How else could we have discovered this using Pandas?
What if we wanted to see how many rows there are for parks are in each state?
Grouping Data
Grouping Data
First, we select a or multiple columns we want to group our data by. For example, in our case we could group by state so that we could see how many parks exist in each state.
parks_data_df.groupby('state')
While this code works, we’ll see that it only returns a DataFrameGroupBy object, which is not very useful on its own.
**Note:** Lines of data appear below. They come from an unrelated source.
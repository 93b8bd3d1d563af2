-- ===== src/Ipc/Tests.antt =====
-- internal/ipc/server.go, internal/supervisor/supervisor.go: clients, streams and runs on which the
-- theorems are run.
use tmidb_core.Base.{
  ℕ, zero, suc, ◌+◌, ◌<◌, ◌≤◌, ◌≡◌, refl, false, List, [], ◌∷◌, ◌++◌, Option, none, some, Text,
  bytes, length, take, arith, if◌then◌else◌, text_eq, text_eq_iff, subst, Bool-cases, inl, inr,
}
use Prim.Native.String.{String}
use tmidb_core.Base.Dict.{lookup, insert}
use tmidb_core.Ipc.{
  string, Message, string_at, number_at, Response, LogEntry, Streams, Connection, Server,
}
use tmidb_core.Ipc.Stream.{
  buffer_size, Handled, HandlerFunc, action_of, start_stream, handle_log_stream, create_log_stream,
  tail, broadcast_log_entry,
}
use tmidb_core.Ipc.Owned.{registered, IsOwned, create_log_stream-IsOwned}
use tmidb_core.Ipc.Broadcast.{Sent}
use mathlib.Core.Option
use tmidb_core.Supervisor.Recent.{absent, handle_get_logs}
use tmidb_core.Ipc.Behaved.{IsQuiet, Supervised}
use tmidb_core.Ipc.Table.{
  max_connections, new_streams, new_server, accept, start_goroutine, register, finish, with_streams,
}
use tmidb_core.Ipc.Serve.{log_stream, Turn, serve}
use tmidb_core.Ipc.Request.{Skips, handling, serve_one_request}
use tmidb_core.Ipc.Trace.{among, Reach, here, next, accepting, registering}
use tmidb_core.Ipc.Limit.{Reach-load}
use tmidb_core.Ipc.Flood.{exceeds_limit}
use tmidb_core.Ipc.Leak.{Reach-broadcasts, finish_leaks}
use tmidb_core.Ipc.Panic.{Asks, stop_stream_panics}
use tmidb_core.Ipc.Order.{broadcast_all, broadcast_all_lem}

-- What the data of a response is.
data Answer : Type 0 where
  said : Text → Answer
  logs : List LogEntry → Answer

abbrev id : Text
id = bytes "c1"

abbrev ask : String → String → Message
ask type_ action = record {
  id = bytes "m";
  type_ = bytes type_;
  data_ = (bytes "component", string (bytes "api")) ∷ (bytes "action", string (bytes action)) ∷ [];
}

abbrev start_message : Message
start_message = ask "log_stream" "start"

abbrev stop_message : Message
stop_message = ask "log_stream" "stop"

abbrev ping : Message
ping = ask "ping" "start"

-- "s" asks for a stream, "p" for something that no handler knows.
unfoldable unmarshal : Text → Option Message
unmarshal line =
    if text_eq line (bytes "s")
    then some start_message
    else if text_eq line (bytes "p")
    then some ping
    else none

unfoldable marshal : Response Answer → Option Text
marshal r = some r.error

abbrev status : Text → Answer
status = said

-- The handlers of the log streams and of the logs. The latter panics on a negative number of lines.
unfoldable get_logs : HandlerFunc Answer
get_logs conn msg s =
    elim (handle_get_logs (λ t. none) (λ less es. es) (λ i. []) (λ path. absent) (bytes "logs")
      msg.id (string_at (bytes "component") msg) (number_at (bytes "lines") msg)) [
        | none ↦ none
        | some r ↦ some (record {
          streams = s;
          response = some (record {
            id = r.id;
            success = r.success;
            data_ = Option.map logs r.data_;
            error = r.error;
          });
        })
      ]

abbrev handlers : List (Text × HandlerFunc Answer)
handlers = (log_stream, handle_log_stream status) ∷ (bytes "get_logs", get_logs) ∷ []

get_logs-IsQuiet : IsQuiet get_logs
unfolding get_logs
get_logs-IsQuiet conn msg s h e = ground arith

handlers-Supervised : Supervised status handlers
unfolding lookup text_eq
handlers-Supervised = record {
  streams = refl;
  others = λ type_ handler other h. elim (Bool-cases (text_eq (bytes "get_logs") type_)) [
    | inl e ↦
        let found : get_logs ≡ handler =
          ground (arith, h, e, other, text_eq_iff log_stream type_, text_eq_iff type_ log_stream) in
        subst IsQuiet found get_logs-IsQuiet
    | inr e ↦
        absurd
          (ground (arith, h, e, other, text_eq_iff log_stream type_, text_eq_iff type_ log_stream))
  ];
}

abbrev sends : Option Text → Turn
sends line = record { done = false; line = line; now = 5; write_fails = false }

-- A client that asks for a stream, sends a line that is no message, and goes.
abbrev streaming : ℕ → Turn
streaming zero = sends (some (bytes "s"))
streaming (suc zero) = sends (some (bytes "?"))
streaming (suc (suc n)) = sends none

abbrev registered_one : Server
registered_one = register 0 id 3 (accept new_server)

new_streams-IsOwned : IsOwned new_streams
unfolding registered
new_streams-IsOwned = record { distinct = tt; single = tt; opened = λ c. cc; known = λ c. cc }

-- A client that sends a line that is no message, and then two requests.
abbrev asking : ℕ → Turn
asking zero = sends (some (bytes "?"))
asking (suc n) = sends (some (bytes "p"))

asking-Skips : (i : ℕ) → i < 1 → Skips unmarshal marshal handlers (asking i)
unfolding unmarshal text_eq
asking-Skips zero lt = record { running = refl; line = bytes "?"; read = refl; refused = refl }
asking-Skips (suc i) lt = absurd (omega arith)

serve_one_request_example :
    serve unmarshal marshal handlers 9 asking 0 registered_one
    ≡ (elim (handling unmarshal marshal handlers (asking 1) 0 ping registered_one) [
      | none ↦ none
      | some t ↦ some (finish 0 t, false)
    ])
unfolding unmarshal text_eq
serve_one_request_example =
    serve_one_request unmarshal marshal handlers 1 9 asking 0 ping registered_one asking-Skips
      (record { running = refl; line = bytes "p"; read = refl; parsed = refl }) refl (omega arith)

-- A run in which one connection is accepted and registers.
run : Reach unmarshal marshal handlers 0 new_server registered_one
unfolding new_server accept start_goroutine among
run = next (next here (accepting refl (omega arith))) (registering 0 id 3 refl)

Reach-load_example :
    length registered_one.connections + length registered_one.accepted ≤ max_connections + 0
Reach-load_example = Reach-load unmarshal marshal handlers 0 run

exceeds_limit_example :
    (t : Server) × Reach unmarshal marshal handlers 150 new_server t × (length t.connections ≡ 151)
exceeds_limit_example = exceeds_limit unmarshal marshal handlers 150

abbrev entry : LogEntry
entry = record { process = bytes "api"; level = bytes "info"; message = bytes "up"; timestamp = 1 }

Reach-broadcasts_example :
    (t : Streams) × (broadcast_log_entry entry registered_one.streams ≡ some t)
    × Sent entry registered_one.streams t
Reach-broadcasts_example =
    Reach-broadcasts status unmarshal marshal handlers 0 handlers-Supervised run entry

abbrev one_stream : Streams
one_stream = (create_log_stream id new_streams).0

one_stream-IsOwned : IsOwned one_stream
one_stream-IsOwned = create_log_stream-IsOwned id new_streams new_streams-IsOwned

abbrev streaming_server : Server
streaming_server = with_streams one_stream registered_one

finish_leaks_example :
    ((finish 0 streaming_server).streams.channel 0).closed ≡ false
    × (registered 0 (finish 0 streaming_server).streams.log_streams ≡ false)
unfolding create_log_stream register accept new_server start_goroutine lookup insert text_eq
finish_leaks_example =
    finish_leaks status unmarshal marshal handlers 0 handlers-Supervised 0 0 streaming_server
      one_stream-IsOwned refl here

abbrev connection : Connection
connection = record { id = id; last_seen = 3; sent = []; closed = false }

start_Asks : Asks status (bytes "start") start_message
unfolding string_at lookup action_of text_eq
start_Asks = record { component = bytes "api"; named = refl; acts = refl }

stop_Asks : Asks status (bytes "stop") stop_message
unfolding string_at lookup action_of text_eq
stop_Asks = record { component = bytes "api"; named = refl; acts = refl }

stop_stream_panics_example :
    let s = (start_stream status connection start_message new_streams).streams in
    (t : Handled Answer) × (handle_log_stream status connection stop_message s ≡ some t)
    × (handle_log_stream status connection start_message new_streams
        ≡ some (start_stream status connection start_message new_streams))
    × (t.streams.tails ≡ 0 ∷ [])
    × (tail 0 entry t.streams ≡ none)
stop_stream_panics_example =
    stop_stream_panics status connection start_message stop_message entry new_streams
      new_streams-IsOwned start_Asks stop_Asks

broadcast_all_lem_example :
    (t : Streams) × (broadcast_all (entry ∷ entry ∷ []) one_stream ≡ some t)
    × ((t.channel 0).buffer
        ≡ take buffer_size ((one_stream.channel 0).buffer ++ entry ∷ entry ∷ []))
unfolding create_log_stream registered insert
broadcast_all_lem_example =
    broadcast_all_lem (entry ∷ entry ∷ []) 0 one_stream one_stream-IsOwned refl (omega arith)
To see the actual data, we could use the get_group() method to see the data for a specific state.
parks_data_df.groupby('state').get_group('CA')
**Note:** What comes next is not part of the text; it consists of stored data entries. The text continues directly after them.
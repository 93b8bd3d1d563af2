-- ===== src/Logger.antt =====
-- internal/logger/manager.go: the logger's configuration, a component's writer and its files.
pub mod Writer
pub mod Policies
pub mod Retention
pub mod Rotation
pub mod Coherence
pub mod Kept
pub mod Trace
mod Tests
use tmidb_core.Base.{ℕ, Bool, List, Option, Text, ℤ}

-- `LogLevel` counts from `debug`.
pub data LogLevel : Type 0 where
  debug info warn error : LogLevel

-- `MaxFileSize` is in MB, a time in nanoseconds.
pub record LogConfig : Type 0 where
  pub base_dir : Text
  pub level : LogLevel
  pub max_file_size : ℤ
  pub max_files : ℤ
  pub max_age : ℤ
  pub compress : Bool
  pub buffer_size : ℤ
  pub flush_interval : ℤ
  pub console_output : Bool

pub record RetentionPolicy : Type 0 where
  pub component : Text
  pub max_file_size : ℤ
  pub max_files : ℤ
  pub max_age : ℤ
  pub compress : Bool
  pub enabled : Bool

-- The entries of a file, each followed by a line feed.
abbrev pub Content : Type 0
Content = List Text

-- The files `<component>.<i>.log`, or with `.gz` behind it for `true`.
abbrev pub Rotated : Type 0
Rotated = Bool → ℕ → Option Content

-- A writer: its file with what the buffer still holds, and the rotated files beside it.
pub record ProcessWriter : Type 0 where
  pub component : Text
  pub file : Content
  pub current_size : ℕ
  pub rotation_count : ℕ
  pub policy : RetentionPolicy
  pub rotated : Rotated

pub record Manager : Type 0 where
  pub config : LogConfig
  pub writers : List (Text × ProcessWriter)
  pub policies : List (Text × RetentionPolicy)
  pub streams : List (Text × Bool)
How could we use groupby to count the number of parks in each state?
Because we are getting a Series, we can also convert it back to a DataFrame using the reset_index() method, which will turn the Series back into a DataFrame.
Many methods in Pandas have an inplace argument, which allows us to modify the DataFrame directly rather than returning a new DataFrame. For example, the sort_values() method also has an inplace argument.
What is the average number of visits for each state?
What is the average number of visits for each National Park?
How many National Parks are there in each state?
Quick Exercise: Answering Questions with Pandas
Let’s try and answer them together with what we have learned so far! In your is310-coding-assignments repository, create a new folder called pandas-eda and in that folder create a new Jupyter Notebook called NationalParksEDA.ipynb. Feel free to also move your IntroNotebooks.ipynb into that folder as well.
In the Notebook, you should start by adding a title in Markdown and a brief description of what you are doing. Then, you can import the necessary libraries and read in the dataset.
Then you should create a section for each question, where you can write the code to answer the question. You can use the methods we learned in this lesson, such as groupby(), mean(), and size(), to help you answer the questions.
To create a section, you can use the # symbol in Markdown to create a header. For example, you could use ## Average Number of Visits for Each State for the first question, which would create a second-level header.